Data for review:
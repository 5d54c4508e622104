-- ===== src/Core/ErrorCode.antt =====
-- crates/core/src/error_code.rs: the stable classification of failures.
use agent_knowledge.Prelude.{ℕ, ◌≡◌, ◌↔◌, true, arith, ◌==◌, PartialEq, nat_eq}

pub data ErrorCode : Type 0 where
  invalid_protocol invalid_request invalid_front_matter invalid_path : ErrorCode
  unsupported_file_type limit_exceeded request_id_reused request_not_found : ErrorCode
  document_id_conflict document_not_found revision_conflict operation_forbidden : ErrorCode
  content_validation_failed quartz_build_failed temporary_failure internal_error : ErrorCode

abbrev pub code_number : ErrorCode → ℕ
code_number invalid_protocol = 0
code_number invalid_request = 1
code_number invalid_front_matter = 2
code_number invalid_path = 3
code_number unsupported_file_type = 4
code_number limit_exceeded = 5
code_number request_id_reused = 6
code_number request_not_found = 7
code_number document_id_conflict = 8
code_number document_not_found = 9
code_number revision_conflict = 10
code_number operation_forbidden = 11
code_number content_validation_failed = 12
code_number quartz_build_failed = 13
code_number temporary_failure = 14
code_number internal_error = 15

pub code_iff : (a b : ErrorCode) → ((code_number a == code_number b) ≡ true) ↔ (a ≡ b)
code_iff a b = ground arith

instance abbrev pub code_eq : PartialEq ErrorCode
code_eq = record { eq = λ a b. code_number a == code_number b; eq_iff = code_iff }
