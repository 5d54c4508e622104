-- ===== src/Core/Id/Tests.antt =====
-- The parsing of identifiers, with a printer of one letter.
use agent_knowledge.Prelude.{◌≡◌, refl, [], ◌∷◌, ok, err, Result, Text, text, list_beq}
use agent_knowledge.Core.Id.{Ulid, DecodeError, invalid_length, UlidCrate, parse_id}

abbrev first_char : Text → Result DecodeError Ulid
first_char [] = err invalid_length
first_char (c ∷ v) = ok c

abbrev letters : UlidCrate
letters = record { from_str = first_char; to_string = λ id. id ∷ [] }

accepted : parse_id letters (text "A") ≡ ok 65
unfolding parse_id list_beq
accepted = refl
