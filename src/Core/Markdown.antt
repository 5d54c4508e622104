-- ===== src/Core/Markdown.antt =====
-- crates/core/src/markdown.rs: the YAML front matter of a Markdown document, and its body. A document
-- is its bytes; the delimiters are ASCII, so that the bytes are walked as Rust walks the `str`.
pub mod Lines
pub mod Sections
pub mod Assembly
mod Tests
use agent_knowledge.Prelude.{
  ℕ, ◌+◌, Bool, not, Option, none, some, List, [], ◌∷◌, ltb, ◌==◌, nat_eq, list_eq, if◌then◌else◌,
  length, take, drop, Result, ok, err, ◌>>=◌, ◌>>◌, reject, map_err, ok_or, Bytes, text, cons_head,
  strip_prefix, is_utf8,
}
use agent_knowledge.Core.Document.{DocumentMetadata}

-- `serde_saphyr::Error` is a parameter of the section below, so its failures carry a code.
pub data DocumentParseError : Type 0 where
  invalid_utf8 missing_opening_delimiter missing_closing_delimiter : DocumentParseError
  front_matter_too_large : ℕ → ℕ → DocumentParseError
  invalid_yaml : ℕ → DocumentParseError

-- `split_inclusive('\n')`
unfoldable pub split_inclusive : Bytes → List Bytes
split_inclusive [] = []
split_inclusive (c ∷ s) =
    let rest = split_inclusive s in if c == b'\n' then (c ∷ []) ∷ rest else cons_head c rest

-- `strip_suffix(c).unwrap_or(line)`
unfoldable pub strip_last : ℕ → Bytes → Bytes
strip_last c [] = []
strip_last c (x ∷ []) = if x == c then [] else x ∷ []
strip_last c (x ∷ (y ∷ s)) = x ∷ strip_last c (y ∷ s)

-- `content == "---"`, of a line without its line end.
unfoldable pub is_delimiter : Bytes → Bool
unfolding strip_last
is_delimiter line = strip_last b'\r' (strip_last b'\n' line) == text "---"

abbrev pub or_else {ℓ} : {A : Type ℓ} → Option A → Option A → Option A
or_else none o = o
or_else (some a) o = some a

-- The text behind the opening delimiter.
unfoldable pub strip_opening : Bytes → Option Bytes
unfolding strip_prefix
strip_opening m = or_else (strip_prefix (text "---\n") m) (strip_prefix (text "---\r\n") m)

-- The loop of `markdown_body`: the offset behind the closing delimiter.
unfoldable pub body_offset : ℕ → List Bytes → Result DocumentParseError ℕ
body_offset offset [] = err missing_closing_delimiter
body_offset offset (line ∷ lines) =
    let rest = body_offset (offset + length line) lines in
    if is_delimiter line then ok (offset + length line) else rest

unfoldable pub markdown_body : Bytes → Result DocumentParseError Bytes
markdown_body m = do
  reject (not (is_utf8 m)) invalid_utf8
  remainder ← ok_or (strip_opening m) missing_opening_delimiter
  offset ← body_offset 0 (split_inclusive remainder)
  ok (drop offset remainder)

-- The loop of `extract_front_matter`: the offset of the closing delimiter.
unfoldable pub front_matter_offset : ℕ → ℕ → List Bytes → Result DocumentParseError ℕ
front_matter_offset maximum offset [] = err missing_closing_delimiter
front_matter_offset maximum offset (line ∷ lines) =
    let next = (offset + length line) in
    let rest =
      (reject (ltb maximum next) (front_matter_too_large maximum next)
        >> front_matter_offset maximum next lines) in
    if is_delimiter line
    then (reject (ltb maximum offset) (front_matter_too_large maximum offset) >> ok offset)
    else rest

unfoldable pub extract_front_matter : Bytes → ℕ → Result DocumentParseError Bytes
extract_front_matter m maximum = do
  remainder ← ok_or (strip_opening m) missing_opening_delimiter
  offset ← front_matter_offset maximum 0 (split_inclusive remainder)
  ok (take offset remainder)

-- `serde_saphyr::from_str_with_options`, whose options hold the same limit, is the argument `decode_yaml`.
unfoldable pub decode_document_metadata :
    (ℕ → Bytes → Result ℕ DocumentMetadata) → Bytes → ℕ → Result DocumentParseError DocumentMetadata
decode_document_metadata decode_yaml m maximum = do
  reject (not (is_utf8 m)) invalid_utf8
  yaml ← extract_front_matter m maximum
  map_err invalid_yaml (decode_yaml maximum yaml)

What to work on: Write the lines out verbatim, from the one with "unfoldable pub extract_front_matter" through the last line of the entries, and stop there.

Result of the exercise:
unfoldable pub extract_front_matter : Bytes → ℕ → Result DocumentParseError Bytes
extract_front_matter m maximum = do
  remainder ← ok_or (strip_opening m) missing_opening_delimiter
  offset ← front_matter_offset maximum 0 (split_inclusive remainder)
  ok (take offset remainder)

-- `serde_saphyr::from_str_with_options`, whose options hold the same limit, is the argument `decode_yaml`.
unfoldable pub decode_document_metadata :
    (ℕ → Bytes → Result ℕ DocumentMetadata) → Bytes → ℕ → Result DocumentParseError DocumentMetadata
decode_document_metadata decode_yaml m maximum = do
  reject (not (is_utf8 m)) invalid_utf8
  yaml ← extract_front_matter m maximum
  map_err invalid_yaml (decode_yaml maximum yaml)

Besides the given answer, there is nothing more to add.